TASK OBJECTIVE :: Lines below starting with the line with "discord_channel_id = channel.id;" and going on through the line with "apply_pattern_string options.name_pattern" must be output exactly; the rest of the records must be left out.

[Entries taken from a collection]
^^^^^^^^

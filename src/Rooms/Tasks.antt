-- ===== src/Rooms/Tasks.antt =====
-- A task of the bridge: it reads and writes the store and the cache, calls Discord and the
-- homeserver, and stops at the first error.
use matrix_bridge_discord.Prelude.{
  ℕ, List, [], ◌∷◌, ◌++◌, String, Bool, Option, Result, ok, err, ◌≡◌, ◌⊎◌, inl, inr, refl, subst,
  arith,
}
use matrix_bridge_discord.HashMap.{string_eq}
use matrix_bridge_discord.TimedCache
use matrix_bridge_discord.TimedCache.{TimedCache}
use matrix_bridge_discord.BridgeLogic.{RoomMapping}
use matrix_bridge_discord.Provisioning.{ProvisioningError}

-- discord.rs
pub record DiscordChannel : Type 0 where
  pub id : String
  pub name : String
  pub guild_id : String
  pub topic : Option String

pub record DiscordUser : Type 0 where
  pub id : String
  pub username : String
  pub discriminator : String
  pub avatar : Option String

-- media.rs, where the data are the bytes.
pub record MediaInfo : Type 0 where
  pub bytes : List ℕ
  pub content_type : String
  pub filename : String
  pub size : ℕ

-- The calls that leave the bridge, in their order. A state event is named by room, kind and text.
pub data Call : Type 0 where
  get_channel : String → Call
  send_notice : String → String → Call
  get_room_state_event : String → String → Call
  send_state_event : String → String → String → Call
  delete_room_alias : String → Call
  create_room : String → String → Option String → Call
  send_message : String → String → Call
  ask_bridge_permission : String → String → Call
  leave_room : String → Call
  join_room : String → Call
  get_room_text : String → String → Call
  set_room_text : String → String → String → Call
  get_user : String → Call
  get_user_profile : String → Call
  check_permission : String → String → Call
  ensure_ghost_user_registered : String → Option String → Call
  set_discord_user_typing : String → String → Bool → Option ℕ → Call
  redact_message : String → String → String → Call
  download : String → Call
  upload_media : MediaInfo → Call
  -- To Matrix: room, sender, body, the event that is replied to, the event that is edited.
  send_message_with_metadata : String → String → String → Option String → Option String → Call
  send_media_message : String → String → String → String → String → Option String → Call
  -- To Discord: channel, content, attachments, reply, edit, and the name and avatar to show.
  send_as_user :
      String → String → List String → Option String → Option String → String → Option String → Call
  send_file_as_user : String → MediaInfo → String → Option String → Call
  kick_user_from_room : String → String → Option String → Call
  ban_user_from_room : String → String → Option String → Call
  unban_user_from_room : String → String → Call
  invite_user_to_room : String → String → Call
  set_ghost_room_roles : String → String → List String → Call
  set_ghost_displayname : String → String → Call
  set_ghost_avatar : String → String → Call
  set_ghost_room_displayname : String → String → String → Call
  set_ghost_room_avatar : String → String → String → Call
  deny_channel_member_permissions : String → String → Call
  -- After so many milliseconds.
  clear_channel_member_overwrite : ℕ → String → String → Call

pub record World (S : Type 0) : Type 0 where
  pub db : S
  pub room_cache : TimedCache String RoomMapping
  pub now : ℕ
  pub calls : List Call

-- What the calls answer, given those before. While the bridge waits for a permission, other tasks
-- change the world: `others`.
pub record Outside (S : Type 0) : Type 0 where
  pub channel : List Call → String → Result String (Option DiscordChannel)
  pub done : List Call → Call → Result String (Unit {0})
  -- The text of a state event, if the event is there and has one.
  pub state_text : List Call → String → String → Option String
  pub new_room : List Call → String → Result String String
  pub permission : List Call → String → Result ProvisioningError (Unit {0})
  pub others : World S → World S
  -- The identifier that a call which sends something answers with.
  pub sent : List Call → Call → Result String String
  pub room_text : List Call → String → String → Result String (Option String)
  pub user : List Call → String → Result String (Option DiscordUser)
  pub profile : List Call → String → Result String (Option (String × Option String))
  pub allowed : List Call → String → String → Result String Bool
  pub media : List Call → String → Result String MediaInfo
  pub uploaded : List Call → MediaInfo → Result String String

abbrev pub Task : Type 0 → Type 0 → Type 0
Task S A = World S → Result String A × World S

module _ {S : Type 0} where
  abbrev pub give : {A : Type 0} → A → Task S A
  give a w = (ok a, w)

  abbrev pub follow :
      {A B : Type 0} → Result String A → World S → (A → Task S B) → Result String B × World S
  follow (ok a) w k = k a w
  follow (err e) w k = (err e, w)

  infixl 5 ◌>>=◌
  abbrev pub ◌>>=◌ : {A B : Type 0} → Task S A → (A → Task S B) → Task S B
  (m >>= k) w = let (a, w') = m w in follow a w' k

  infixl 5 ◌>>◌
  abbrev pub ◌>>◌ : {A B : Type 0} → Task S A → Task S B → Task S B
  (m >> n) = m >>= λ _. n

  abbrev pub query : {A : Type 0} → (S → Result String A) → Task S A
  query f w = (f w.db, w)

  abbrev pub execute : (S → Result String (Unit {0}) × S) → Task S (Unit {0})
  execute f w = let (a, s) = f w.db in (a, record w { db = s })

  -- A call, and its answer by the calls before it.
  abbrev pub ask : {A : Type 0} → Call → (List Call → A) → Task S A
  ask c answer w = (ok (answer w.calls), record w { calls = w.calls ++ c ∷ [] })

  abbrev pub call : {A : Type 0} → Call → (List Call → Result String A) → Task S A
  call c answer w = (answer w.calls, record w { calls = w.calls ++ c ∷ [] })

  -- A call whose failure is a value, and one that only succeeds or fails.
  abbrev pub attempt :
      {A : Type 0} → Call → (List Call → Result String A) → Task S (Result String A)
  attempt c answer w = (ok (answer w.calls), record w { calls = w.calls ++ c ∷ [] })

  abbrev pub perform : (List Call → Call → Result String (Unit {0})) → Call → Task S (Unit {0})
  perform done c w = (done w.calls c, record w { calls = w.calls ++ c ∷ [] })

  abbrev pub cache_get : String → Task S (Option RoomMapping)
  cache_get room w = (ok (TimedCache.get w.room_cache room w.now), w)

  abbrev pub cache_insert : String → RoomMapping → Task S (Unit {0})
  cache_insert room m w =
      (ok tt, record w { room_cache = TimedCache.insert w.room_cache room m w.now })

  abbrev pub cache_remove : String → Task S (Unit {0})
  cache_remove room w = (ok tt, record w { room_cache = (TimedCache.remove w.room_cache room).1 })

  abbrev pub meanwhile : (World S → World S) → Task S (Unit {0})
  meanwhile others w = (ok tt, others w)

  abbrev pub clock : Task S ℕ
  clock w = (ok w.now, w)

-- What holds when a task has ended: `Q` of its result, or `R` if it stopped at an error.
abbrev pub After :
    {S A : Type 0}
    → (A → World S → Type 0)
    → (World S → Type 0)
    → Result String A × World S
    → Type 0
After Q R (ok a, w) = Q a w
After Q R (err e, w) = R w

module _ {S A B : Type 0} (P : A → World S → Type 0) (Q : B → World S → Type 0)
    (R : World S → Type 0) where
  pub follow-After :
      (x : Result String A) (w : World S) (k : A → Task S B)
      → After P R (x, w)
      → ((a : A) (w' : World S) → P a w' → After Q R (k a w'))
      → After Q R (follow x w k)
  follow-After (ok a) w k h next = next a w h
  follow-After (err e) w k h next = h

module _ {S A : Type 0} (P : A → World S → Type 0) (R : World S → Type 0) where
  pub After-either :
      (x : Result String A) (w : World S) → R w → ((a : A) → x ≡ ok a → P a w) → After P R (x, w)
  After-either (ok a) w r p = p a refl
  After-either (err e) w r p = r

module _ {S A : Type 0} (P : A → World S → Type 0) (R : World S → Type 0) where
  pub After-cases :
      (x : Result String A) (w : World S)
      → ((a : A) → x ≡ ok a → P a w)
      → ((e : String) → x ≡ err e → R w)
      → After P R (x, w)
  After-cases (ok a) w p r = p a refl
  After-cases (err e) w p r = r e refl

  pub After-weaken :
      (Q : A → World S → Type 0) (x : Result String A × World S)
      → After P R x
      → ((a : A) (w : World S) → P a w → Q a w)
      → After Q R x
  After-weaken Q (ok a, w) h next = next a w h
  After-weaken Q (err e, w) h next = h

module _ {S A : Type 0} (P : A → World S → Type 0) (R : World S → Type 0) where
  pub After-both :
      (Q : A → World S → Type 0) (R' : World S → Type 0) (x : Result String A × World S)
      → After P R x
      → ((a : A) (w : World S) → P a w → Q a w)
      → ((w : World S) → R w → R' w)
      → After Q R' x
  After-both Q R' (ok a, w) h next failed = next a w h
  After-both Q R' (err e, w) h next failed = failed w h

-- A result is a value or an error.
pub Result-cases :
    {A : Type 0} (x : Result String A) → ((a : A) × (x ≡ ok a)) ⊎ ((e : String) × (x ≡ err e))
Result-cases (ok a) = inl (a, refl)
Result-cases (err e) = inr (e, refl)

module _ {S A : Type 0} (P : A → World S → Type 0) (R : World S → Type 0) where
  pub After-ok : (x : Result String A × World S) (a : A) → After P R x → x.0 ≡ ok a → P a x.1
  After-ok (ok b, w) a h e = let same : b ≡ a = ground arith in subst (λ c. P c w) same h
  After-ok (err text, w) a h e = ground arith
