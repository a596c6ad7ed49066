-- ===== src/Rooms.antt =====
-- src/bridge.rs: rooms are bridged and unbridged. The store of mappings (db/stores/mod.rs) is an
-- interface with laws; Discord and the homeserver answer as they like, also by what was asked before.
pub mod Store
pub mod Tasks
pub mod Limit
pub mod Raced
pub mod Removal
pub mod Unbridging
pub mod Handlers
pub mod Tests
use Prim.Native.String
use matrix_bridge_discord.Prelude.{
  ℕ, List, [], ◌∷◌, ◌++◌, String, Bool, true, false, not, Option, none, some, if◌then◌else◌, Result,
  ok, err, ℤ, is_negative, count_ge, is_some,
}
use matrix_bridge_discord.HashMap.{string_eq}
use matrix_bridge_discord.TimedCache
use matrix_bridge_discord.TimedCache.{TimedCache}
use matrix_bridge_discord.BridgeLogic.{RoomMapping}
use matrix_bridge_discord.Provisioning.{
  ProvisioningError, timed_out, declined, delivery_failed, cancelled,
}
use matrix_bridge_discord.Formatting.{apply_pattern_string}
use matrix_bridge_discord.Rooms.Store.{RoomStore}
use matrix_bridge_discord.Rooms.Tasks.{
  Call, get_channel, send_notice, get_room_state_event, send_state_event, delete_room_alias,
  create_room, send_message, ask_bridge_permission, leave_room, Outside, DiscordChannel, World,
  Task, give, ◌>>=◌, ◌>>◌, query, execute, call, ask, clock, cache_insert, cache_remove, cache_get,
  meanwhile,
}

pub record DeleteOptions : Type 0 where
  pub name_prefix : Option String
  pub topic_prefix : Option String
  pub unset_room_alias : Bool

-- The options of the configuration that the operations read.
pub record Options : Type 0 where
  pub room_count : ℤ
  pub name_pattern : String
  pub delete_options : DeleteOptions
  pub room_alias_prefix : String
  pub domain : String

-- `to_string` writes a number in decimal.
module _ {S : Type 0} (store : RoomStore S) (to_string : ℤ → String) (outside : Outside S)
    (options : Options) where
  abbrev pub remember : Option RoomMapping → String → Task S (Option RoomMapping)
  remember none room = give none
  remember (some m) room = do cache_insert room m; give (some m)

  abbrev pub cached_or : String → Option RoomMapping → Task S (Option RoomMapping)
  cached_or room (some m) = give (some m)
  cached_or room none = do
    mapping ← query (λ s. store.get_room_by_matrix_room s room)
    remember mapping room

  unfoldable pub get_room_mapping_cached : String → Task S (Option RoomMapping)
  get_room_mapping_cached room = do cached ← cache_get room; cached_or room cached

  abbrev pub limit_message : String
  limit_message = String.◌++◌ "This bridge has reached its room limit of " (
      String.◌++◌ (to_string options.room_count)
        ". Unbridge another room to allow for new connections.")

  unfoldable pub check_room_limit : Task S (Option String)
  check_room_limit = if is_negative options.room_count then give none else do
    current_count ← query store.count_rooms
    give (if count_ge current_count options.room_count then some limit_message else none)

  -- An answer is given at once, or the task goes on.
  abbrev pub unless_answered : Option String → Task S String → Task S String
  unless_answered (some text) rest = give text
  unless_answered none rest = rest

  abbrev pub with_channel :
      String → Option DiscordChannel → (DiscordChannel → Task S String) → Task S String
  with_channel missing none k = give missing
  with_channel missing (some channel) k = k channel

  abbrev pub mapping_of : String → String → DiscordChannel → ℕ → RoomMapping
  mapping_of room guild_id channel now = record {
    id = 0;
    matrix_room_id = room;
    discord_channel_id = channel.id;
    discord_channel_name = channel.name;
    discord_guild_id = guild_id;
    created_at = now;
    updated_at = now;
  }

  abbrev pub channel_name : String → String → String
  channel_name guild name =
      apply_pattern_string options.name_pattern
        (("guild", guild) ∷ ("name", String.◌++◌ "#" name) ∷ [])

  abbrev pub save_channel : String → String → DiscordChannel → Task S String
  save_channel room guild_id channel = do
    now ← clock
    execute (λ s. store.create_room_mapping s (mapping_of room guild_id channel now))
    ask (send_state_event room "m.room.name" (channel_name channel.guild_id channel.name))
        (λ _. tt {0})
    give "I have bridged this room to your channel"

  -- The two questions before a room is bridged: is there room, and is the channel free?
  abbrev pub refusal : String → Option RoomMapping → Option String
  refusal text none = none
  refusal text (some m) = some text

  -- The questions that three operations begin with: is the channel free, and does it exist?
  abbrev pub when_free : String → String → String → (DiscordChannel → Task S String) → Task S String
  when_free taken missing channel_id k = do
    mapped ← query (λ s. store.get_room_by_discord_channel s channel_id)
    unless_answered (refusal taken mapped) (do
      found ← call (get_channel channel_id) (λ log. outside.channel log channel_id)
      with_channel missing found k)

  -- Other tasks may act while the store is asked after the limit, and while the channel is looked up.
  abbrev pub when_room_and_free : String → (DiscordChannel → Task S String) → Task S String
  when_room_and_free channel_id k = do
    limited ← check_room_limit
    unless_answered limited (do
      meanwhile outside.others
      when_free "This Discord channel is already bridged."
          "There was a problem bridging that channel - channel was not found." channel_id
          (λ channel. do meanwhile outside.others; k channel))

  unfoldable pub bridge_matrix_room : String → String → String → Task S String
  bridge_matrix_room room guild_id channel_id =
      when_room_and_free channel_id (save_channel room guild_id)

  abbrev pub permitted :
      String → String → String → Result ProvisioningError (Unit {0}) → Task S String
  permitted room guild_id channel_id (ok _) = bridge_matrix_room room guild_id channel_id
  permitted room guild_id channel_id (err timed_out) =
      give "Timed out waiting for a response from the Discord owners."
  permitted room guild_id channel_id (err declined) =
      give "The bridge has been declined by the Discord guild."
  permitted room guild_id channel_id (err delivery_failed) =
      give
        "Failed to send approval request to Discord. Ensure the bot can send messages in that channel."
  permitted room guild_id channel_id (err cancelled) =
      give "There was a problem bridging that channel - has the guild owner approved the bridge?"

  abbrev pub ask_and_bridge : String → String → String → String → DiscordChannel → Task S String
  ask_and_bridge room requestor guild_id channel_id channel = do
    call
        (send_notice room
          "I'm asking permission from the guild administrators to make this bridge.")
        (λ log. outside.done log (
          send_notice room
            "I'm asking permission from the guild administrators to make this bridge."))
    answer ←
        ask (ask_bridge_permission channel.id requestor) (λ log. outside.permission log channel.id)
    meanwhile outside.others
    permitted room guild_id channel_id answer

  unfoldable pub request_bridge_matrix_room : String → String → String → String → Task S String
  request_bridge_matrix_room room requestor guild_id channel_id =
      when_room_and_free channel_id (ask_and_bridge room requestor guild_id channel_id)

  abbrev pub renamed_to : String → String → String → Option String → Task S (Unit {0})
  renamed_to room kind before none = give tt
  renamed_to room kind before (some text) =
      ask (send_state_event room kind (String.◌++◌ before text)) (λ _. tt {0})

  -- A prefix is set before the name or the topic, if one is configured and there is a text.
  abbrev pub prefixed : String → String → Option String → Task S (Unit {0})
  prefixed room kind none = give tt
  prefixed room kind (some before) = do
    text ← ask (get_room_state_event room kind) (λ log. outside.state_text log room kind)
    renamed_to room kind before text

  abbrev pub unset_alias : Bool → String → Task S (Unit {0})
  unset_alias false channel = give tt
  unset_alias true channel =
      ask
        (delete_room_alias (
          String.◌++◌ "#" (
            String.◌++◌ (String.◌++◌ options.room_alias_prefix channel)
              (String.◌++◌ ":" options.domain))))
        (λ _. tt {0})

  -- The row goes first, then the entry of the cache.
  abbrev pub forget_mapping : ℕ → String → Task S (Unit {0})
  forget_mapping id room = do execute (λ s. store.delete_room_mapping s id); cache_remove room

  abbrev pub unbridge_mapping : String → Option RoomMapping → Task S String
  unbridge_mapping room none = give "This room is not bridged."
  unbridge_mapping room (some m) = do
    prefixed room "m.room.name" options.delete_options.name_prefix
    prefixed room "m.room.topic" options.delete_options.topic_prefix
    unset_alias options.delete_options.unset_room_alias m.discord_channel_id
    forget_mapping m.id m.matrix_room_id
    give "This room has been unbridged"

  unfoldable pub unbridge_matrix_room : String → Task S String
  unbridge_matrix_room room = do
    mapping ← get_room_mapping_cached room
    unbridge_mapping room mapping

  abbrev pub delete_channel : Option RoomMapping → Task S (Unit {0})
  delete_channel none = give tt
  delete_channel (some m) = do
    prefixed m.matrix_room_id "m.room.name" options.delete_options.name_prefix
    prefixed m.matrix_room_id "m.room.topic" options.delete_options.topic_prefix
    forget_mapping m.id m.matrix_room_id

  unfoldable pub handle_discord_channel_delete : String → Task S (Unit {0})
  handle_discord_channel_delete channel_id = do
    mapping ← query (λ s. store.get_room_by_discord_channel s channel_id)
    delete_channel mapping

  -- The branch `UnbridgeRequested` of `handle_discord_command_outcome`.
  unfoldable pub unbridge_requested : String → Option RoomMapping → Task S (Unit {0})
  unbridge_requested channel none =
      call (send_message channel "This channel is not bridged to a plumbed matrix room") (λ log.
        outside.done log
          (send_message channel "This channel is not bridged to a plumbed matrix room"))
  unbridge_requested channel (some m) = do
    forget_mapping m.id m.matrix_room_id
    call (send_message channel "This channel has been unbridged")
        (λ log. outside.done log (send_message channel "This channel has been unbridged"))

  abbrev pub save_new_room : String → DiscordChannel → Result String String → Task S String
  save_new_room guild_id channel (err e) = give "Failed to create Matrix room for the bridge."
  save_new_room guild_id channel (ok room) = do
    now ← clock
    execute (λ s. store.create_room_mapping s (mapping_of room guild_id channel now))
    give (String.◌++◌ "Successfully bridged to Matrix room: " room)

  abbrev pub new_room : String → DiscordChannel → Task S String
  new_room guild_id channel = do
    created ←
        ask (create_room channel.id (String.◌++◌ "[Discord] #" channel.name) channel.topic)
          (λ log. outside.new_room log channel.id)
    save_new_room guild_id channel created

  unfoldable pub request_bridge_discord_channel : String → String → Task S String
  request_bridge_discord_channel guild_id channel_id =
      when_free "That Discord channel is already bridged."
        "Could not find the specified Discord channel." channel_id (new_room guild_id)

^^^^^^^^

TASK ANSWER ::
    discord_channel_id = channel.id;
    discord_channel_name = channel.name;
    discord_guild_id = guild_id;
    created_at = now;
    updated_at = now;
  }

  abbrev pub channel_name : String → String → String
  channel_name guild name =
      apply_pattern_string options.name_pattern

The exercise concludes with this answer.